22 points by pera 3 months ago | hide | past | favorite | 44 comments
I feel LLMs like GPT-4 could be a perfect tool for tedious, time consuming tasks like searching through datasheets for components with specific characteristics, but in its current form that's not the case: ChatGPT for instance can list components of quite obscure families and seem to have a quite a accurate general idea of their purposes, but when it comes to important details it just fails spectacularly every time.

Is there any company trying to improve this application of language models?




I think ChatGPT is just bad at whatever domain you have expertise in.

Talk to it about something you don't know about, and you'll think it's really good technology ;)


"Everything you read in the newspapers is absolutely true except for the rare story of which you happen to have firsthand knowledge." - Erwin Knoll, allegedly[1]

[1] It's widely attested to him, including on Wikipedia and in an aside in an old NYTimes article [https://www.nytimes.com/1982/02/27/us/required-reading-smith...], but I couldn't track down the original source to verify it. It's possible it's falsely attributed, but on the other hand he wasn't super prominent -- editor of a major magazine for progressivism, called The Progressive, yes, but no Mark Twain -- and so there'd be little incentive to say it was his when you could call it Twain's.


It is pretty good at coding; I have 40+ years of hobby and professional experience of coding in dozens of languages, from small projects to millions of lines architected and (co) written by me. There is software I wrote begin 90s still running production etc. I am a cto now but I still write code for my job about half time and in my free time as well, that is to say, I was until recently; now I have the tooling (made myself as I didn't like what there was at the time) to not code at all and yet I produce more code than ever. We use PRs and reviews and my colleagues are quite surprised about the speed and the quality. So yeah, not bad for sure even in my field of expertise.

We are now rolling out my tooling in the company so everyone can forget about the boring stuff and just focus on the business logic. There is resistance as this is going to cost jobs; we don't have infinite work to do and this is much (much) faster.
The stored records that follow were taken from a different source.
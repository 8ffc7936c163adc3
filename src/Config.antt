-- ===== src/Config.antt =====
-- dacloud.c, the configuration file: what is looked up in it, and the servers that it names.
pub mod Loading
pub mod Hostless
use deviceatlas_cloud_c.Prelude.{
  ℕ, zero, suc, ◌+◌, ◌*◌, ◌%◌, Option, none, some, List, [], ◌∷◌, ◌++◌, Bool, true, false, ◌&&◌,
  ◌||◌, leb, ◌==◌, if◌then◌else◌, length, map, Bytes, codes, same_text, ℤ, pos, negsuc, Status,
  done, failed, Outcome, returns, crashes, hangs, ◌>>=◌,
}
use deviceatlas_cloud_c.Mem.{Allocator}
use deviceatlas_cloud_c.Cache.{CString, Left, CacheOps, Provider, mock, Ops, cache_set, cache_id}
use deviceatlas_cloud_c.Server.{Server, ServerHead}
use deviceatlas_cloud_c.Ranking.{Probes, Fired, unreached, servers_fireup}

-- What libconfig finds in a file: the strings and the integer that are looked up, and the elements
-- of the list "servers". `none` is a setting that is missing or has another type.
pub record Element : Type 0 where
  pub host : Option Bytes
  pub port : Option ℤ

pub record Settings : Type 0 where
  pub error_path : Option Bytes
  pub licence_key : Option Bytes
  pub cache_type : Option Bytes
  pub cache_config : Option Bytes
  pub manual_ranking : Option ℤ
  pub servers : Option (List Element)

-- What is used of the system: config_read_file, and whether a file can be opened for appending.
pub record Platform : Type 0 where
  pub read_file : Bytes → Option Settings
  pub fopen_append : Bytes → Bool

-- The field `efp`.
pub data Stream : Type 0 where
  stdin stderr : Stream
  appended : Bytes → Stream

abbrev pub cache_expiration : ℕ
cache_expiration = 2952000

abbrev pub default_server : Bytes → Server
default_server host = record { response_time = unreached; host = host; port = 80; blocks = none }

abbrev pub default_servers : List Server
default_servers =
    default_server (codes "http://region0.deviceatlascloud.com")
    ∷ default_server (codes "http://region1.deviceatlascloud.com")
    ∷ default_server (codes "http://region2.deviceatlascloud.com")
    ∷ default_server (codes "http://region3.deviceatlascloud.com")
    ∷ []

-- The name "stdin" and the name "2" both stand for stdin.
unfoldable pub efp_of : Platform → Option Bytes → Stream
efp_of P none = stderr
efp_of P (some path) =
    if same_text path (codes "stdin") || same_text path (codes "2")
    then stdin
    else if P.fopen_append path
    then appended path
    else stderr

-- The assignment of an int to a bit field of one bit.
unfoldable pub low_bit : ℤ → Bool
low_bit (pos n) = n % 2 == 1
low_bit (negsuc n) = n % 2 == 0

unfoldable pub ranking_of : Bool → Option ℤ → Bool
unfolding low_bit
ranking_of old none = old
ranking_of old (some tmp) = low_bit tmp

-- tmp >= 80 && tmp <= 65535
unfoldable pub port_of : Option ℤ → ℕ
port_of none = 80
port_of (some (pos tmp)) = if leb 80 tmp && leb tmp 65535 then tmp else 80
port_of (some (negsuc n)) = 80

abbrev pub sizeof_server_head : ℕ
sizeof_server_head = 24

abbrev pub sizeof_server : ℕ
sizeof_server = 24

abbrev pub sizeof_pointer : ℕ
sizeof_pointer = 8

-- The null pointer is the address 0.
abbrev pub address_of : Option ℕ → ℕ
address_of none = 0
address_of (some p) = p

-- A provider, and its part of a zeroed struct da_cloud_cache_cfg with a text and an expiration.
pub record Plugin (A : Allocator) : Type 1 where
  pub ops : CacheOps A
  pub zeroed : Option Bytes → ℕ → ops.Cfg

module _ (A : Allocator) where
  open A use {State, alloc, realloc, strdup, free}

  -- What the loop over the elements leaves: whether it came to the end of the list.
  pub record LoadedServers : Type 0 where
    pub complete : Bool
    pub head : ServerHead
    pub heap : State

  -- The new server at the end of the array. Its struct is written to without a test; a host that
  -- could not be copied is a null pointer that is printed later, and counted as undefined here.
  unfoldable pub add_server : State → ServerHead → ℕ → Bytes → ℕ → Outcome (ServerHead × State)
  add_server s head ts host port =
      let (at, s') = alloc s sizeof_server in
      let (copy, s'') = strdup s' (length host) in
      elim at [
        | none ↦ crashes
        | some p ↦ elim copy [
          | none ↦ crashes
          | some q ↦ returns (
            record head {
              array = some ts;
              servers =
                  head.servers
                  ++ record {
                    response_time = unreached;
                    host = host;
                    port = port;
                    blocks = some (p, q);
                  }
                    ∷ [];
            },
            s'',
          )
        ]
      ]

  -- The loop, with the elements from the index `nservers` on; `continue` comes back to the same one.
  -- A round takes one of the fuel, and a loop that is out of fuel counts as one that does not end.
  unfoldable pub load_each : ℕ → State → ServerHead → List Element → Outcome LoadedServers
  unfolding port_of add_server
  load_each zero s head elements = hangs
  load_each (suc fuel) s head [] = returns (record { complete = true; head = head; heap = s })
  load_each (suc fuel) s head (server ∷ rest) = elim server.host [
    | none ↦ load_each fuel s head (server ∷ rest)
    | some host ↦
        let (ts, s') =
          realloc s (address_of head.array) ((length head.servers + 1) * sizeof_pointer) in
        elim ts [
          | none ↦ returns (record { complete = false; head = head; heap = s' })
          | some t ↦ do
            r ← add_server s' head t host (port_of server.port)
            load_each fuel r.1 r.0 rest
        ]
  ]

  -- One round for each element and one for the end of the list.
  unfoldable pub load_servers : State → ServerHead → List Element → Outcome LoadedServers
  unfolding load_each
  load_servers s head elements = load_each (suc (length elements)) s head elements

  -- The default servers where there is none yet; the array is written to without a test.
  unfoldable pub use_defaults : State → ServerHead → Outcome (ServerHead × State)
  use_defaults s head = elim head.servers [
    | [] ↦
        let (servers, s') = alloc s (length default_servers * sizeof_pointer) in
        elim servers [
          | none ↦ crashes
          | some t ↦
              returns
                (record head { array = some t; servers = default_servers; dservers = true }, s')
        ]
    | x ∷ xs ↦ returns (head, s)
  ]

  -- g_allocator.free, of a null pointer as well.
  abbrev pub free_pointer : State → Option ℕ → State
  free_pointer s none = s
  free_pointer s (some p) = free s p

  -- The host and the struct of each server that has blocks of its own.
  unfoldable pub free_servers : State → List Server → State
  free_servers s [] = s
  free_servers s (server ∷ rest) = elim server.blocks [
    | none ↦ free_servers s rest
    | some (p, q) ↦ free_servers (free (free s q) p) rest
  ]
This hasn’t been my experience at all in the slightest.

Been programming since I was in elementary school, and current Copilot, OpenAI and even Gemini models generate code at a very very junior level. It might solve a practical problem, but it can’t write a decent abstraction to save its life unless you repeatedly prompt it to. It also massively struggles to retain coherence when it has more moving parts; if you have different things being mutated, it often just forgets it and will write code that crashes/panics/generates UB/etc.
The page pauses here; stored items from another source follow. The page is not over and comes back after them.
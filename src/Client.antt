-- ===== src/Client.antt =====
-- dacloud.c, the life of a client: `da_cloud_init` reads a configuration file, opens the cache and
-- ranks the servers, and `da_cloud_fini` gives all of it back. What is logged is left out.
pub mod Identity
pub mod Balance
pub mod Ranked
pub mod Life
pub mod Closing
use deviceatlas_cloud_c.Prelude.{
  ℕ, ◌+◌, ◌*◌, ◌%◌, Option, none, some, List, [], ◌∷◌, ◌++◌, Bool, true, false, ◌&&◌, ◌||◌, leb,
  ◌==◌, if◌then◌else◌, length, map, Bytes, codes, same_text, ℤ, pos, negsuc, Status, done, failed,
  Outcome, returns, crashes, hangs, ◌>>=◌,
}
use deviceatlas_cloud_c.Mem.{Allocator}
use deviceatlas_cloud_c.Cache.{CString, Left, CacheOps, Provider, mock, Ops, cache_set, cache_id}
use deviceatlas_cloud_c.Server.{Server, ServerHead}
use deviceatlas_cloud_c.Ranking.{Probes, Fired, unreached, servers_fireup}
use deviceatlas_cloud_c.Config.{
  Element, LoadedServers, Platform, Plugin, Settings, Stream, cache_expiration, efp_of,
  free_pointer, free_servers, load_servers, ranking_of, sizeof_server_head, stderr, use_defaults,
}

module _ (A : Allocator) (plugins : Provider → Plugin A) (have_memcached : Bool) (P : Platform)
    (W : Probes) (qsort : (Server → Server → ℤ) → List Server → List Server) where
  open A use {State, alloc, realloc, strdup, free}
  open W use {Net}

  abbrev pub ops_of : Provider → CacheOps A
  ops_of p = (plugins p).ops

  -- struct da_cloud_config. `provider` is the one that the functions init, get, set and fini of
  -- `cops` belong to, and `cache_cfg` is its data.
  pub record Config : Type 0 where
    pub shead : ServerHead
    pub efp : Stream
    pub licence_key : Option CString
    pub manual_ranking : Bool
    pub cops : Ops
    pub provider : Provider
    pub cache_cfg : (ops_of provider).Cfg

  -- What da_cloud_init returns and leaves.
  pub record Inited : Type 0 where
    pub status : Status
    pub config : Config
    pub net : Net
    pub heap : State

  abbrev pub fail_with : Config → Net → State → Outcome (Option Inited)
  fail_with config net s =
      returns (some (record { status = failed; config = config; net = net; heap = s }))

  -- The head of servers as it is, and the ranking.
  unfoldable pub rank_servers : Config → Net → ServerHead × State → Outcome (Option Inited)
  rank_servers config net (head, s) =
      let r = servers_fireup W qsort net config.manual_ranking head.servers in
      returns (
        some (record {
          status = r.status;
          config = record config { shead = record head { servers = r.servers } };
          net = r.net;
          heap = s;
        }))

  -- From `noservers` on, behind the loop.
  unfoldable pub finish_servers : Config → Net → LoadedServers A → Outcome (Option Inited)
  unfolding use_defaults rank_servers
  finish_servers config net r = elim r.complete [
    | false ↦ fail_with (record config { shead = r.head }) net r.heap
    | true ↦ do h ← use_defaults A r.heap r.head; rank_servers config net h
  ]

  abbrev pub elements_of : Option (List Element) → List Element
  elements_of none = []
  elements_of (some l) = l

  -- From the lookup of "servers" on.
  unfoldable pub init_servers : Settings → Config → Net → State → Outcome (Option Inited)
  unfolding load_servers finish_servers
  init_servers conf config net s = do
    r ← load_servers A s config.shead (elements_of conf.servers)
    finish_servers config net r

  -- Behind the provider's init: the text is freed either way.
  unfoldable pub after_init :
      Settings
      → Config
      → Net
      → Ops
      → (p : Provider) → Option ℕ
      → Left State (ops_of p).Cfg
      → Outcome (Option Inited)
  unfolding init_servers
  after_init conf config net cops p text left =
      let config' = record config { cops = cops; provider = p; cache_cfg = left.cfg } in
      elim left.status [
        | failed ↦ fail_with config' net (free_pointer A left.heap text)
        | done ↦ init_servers conf config' net (free_pointer A left.heap text)
      ]

  -- The init of the provider that was chosen.
  unfoldable pub open_provider :
      Settings
      → Config
      → Net
      → State
      → Ops
      → Option Provider
      → Option CString
      → Outcome (Option Inited)
  unfolding after_init
  open_provider conf config net s cops none text = crashes
  open_provider conf config net s cops (some p) none = do
    left ← (ops_of p).init s ((plugins p).zeroed none cache_expiration)
    after_init conf config net cops p none left
  open_provider conf config net s cops (some p) (some (q, t)) = do
    left ← (ops_of p).init s ((plugins p).zeroed (some t) cache_expiration)
    after_init conf config net cops p (some q) left

  -- g_allocator.strdup of a setting that is there; a null pointer where it fails.
  unfoldable pub dup_setting : State → Option Bytes → Option CString × State
  dup_setting s none = (none, s)
  dup_setting s (some t) =
      let (p, s') = strdup s (length t) in elim p [ none ↦ (none, s') | some q ↦ (some (q, t), s') ]

  -- From `cache_name != NULL` on; an unknown name ends the process in errx, which is `none`.
  unfoldable pub init_cache : Settings → Config → Net → State → Outcome (Option Inited)
  unfolding dup_setting open_provider init_servers
  init_cache conf config net s = elim conf.cache_type [
    | none ↦ init_servers conf config net s
    | some cache_name ↦
        let (text, s') = dup_setting s conf.cache_config in
        elim (cache_set have_memcached config.cops cache_name) [
          | none ↦ returns none
          | some cops ↦ open_provider conf config net s' cops cops.init text
        ]
  ]

  -- From the lookup of "user.error_path" on. Without a licence key an uninitialised pointer is
  -- copied.
  unfoldable pub read_settings : Settings → Config → Net → State → Outcome (Option Inited)
  unfolding efp_of ranking_of dup_setting init_cache
  read_settings conf config net s = elim conf.licence_key [
    | none ↦ crashes
    | some key ↦
        let (licence_key, s') = dup_setting s (some key) in
        init_cache conf
          (record config {
            efp = efp_of P conf.error_path;
            licence_key = licence_key;
            manual_ranking = ranking_of config.manual_ranking conf.manual_ranking;
          })
          net s'
  ]

  -- The functions of the mock provider, and the `id` that was there before.
  abbrev pub mock_ops : Option Provider → Ops
  mock_ops id = record {
    id = id;
    init = some mock;
    get = some mock;
    set = some mock;
    fini = some mock;
  }

  -- `old_id` and `old_ranking` are what the caller's struct held. The head of servers is zeroed
  -- before its pointer is tested.
  unfoldable pub init : State → Net → Option Provider → Bool → Bytes → Outcome (Option Inited)
  unfolding read_settings
  init s net old_id old_ranking confpath =
      let (shead, s') = alloc s sizeof_server_head in
      elim shead [
        | none ↦ crashes
        | some p ↦
            let config : Config = record {
              shead = record { self = p; array = none; servers = []; dservers = false };
              efp = stderr;
              licence_key = none;
              manual_ranking = old_ranking;
              cops = mock_ops old_id;
              provider = mock;
              cache_cfg = (plugins mock).zeroed none cache_expiration;
            } in
            elim (P.read_file confpath) [
              | none ↦ fail_with config net s'
              | some conf ↦ read_settings conf config net s'
            ]
      ]

  -- The servers that are not static, the array and the head.
  unfoldable pub free_head : State → ServerHead → State
  unfolding free_servers
  free_head s head =
      let s' = elim head.dservers as (λ _. State) [
        | true ↦ s
        | false ↦ free_servers A s head.servers
      ] in
      free (free_pointer A s' head.array) head.self

  abbrev pub pointer_of : Option CString → Option ℕ
  pointer_of none = none
  pointer_of (some (p, t)) = some p

  -- What is left is the allocator's state; the streams and libcurl are closed without a result.
  unfoldable pub fini : State → Config → Outcome State
  unfolding free_head
  fini s config = do
    left ← (ops_of config.provider).fini (free_head s config.shead) config.cache_cfg
    returns (free_pointer A left.heap (pointer_of config.licence_key))

  -- da_cloud_cache_id: the call of a function pointer that may not be set.
  unfoldable pub config_cache_id : Config → Outcome Bytes
  config_cache_id config = elim config.cops.id [ none ↦ crashes | some p ↦ returns (cache_id p) ]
When you are lucky and you get something that vaguely works, the test cases it writes are of negative value. Test cases are either useless cases that don’t cover edge cases, are incorrect entirely and fail, or worse yet — look correct and pass, but are semantically wrong. LLM models have been absolutely hilariously bad at this, where it will generate passing cases for the code as written, but not for the semantics of the code being written. Writing it by hand would catch it quickly, but a junior dev using these tools can easily miss this.

Then there is Rust; most models don’t do rust well. In isolation they are kind of okay, but overall it frequently generates borrowing issues that fail to compile.


But I guess, and this is dangerous to say I do realize, is that the tooling around the prompts and around the results is key to getting the best results. Just prompts without guards is not how you want to do it.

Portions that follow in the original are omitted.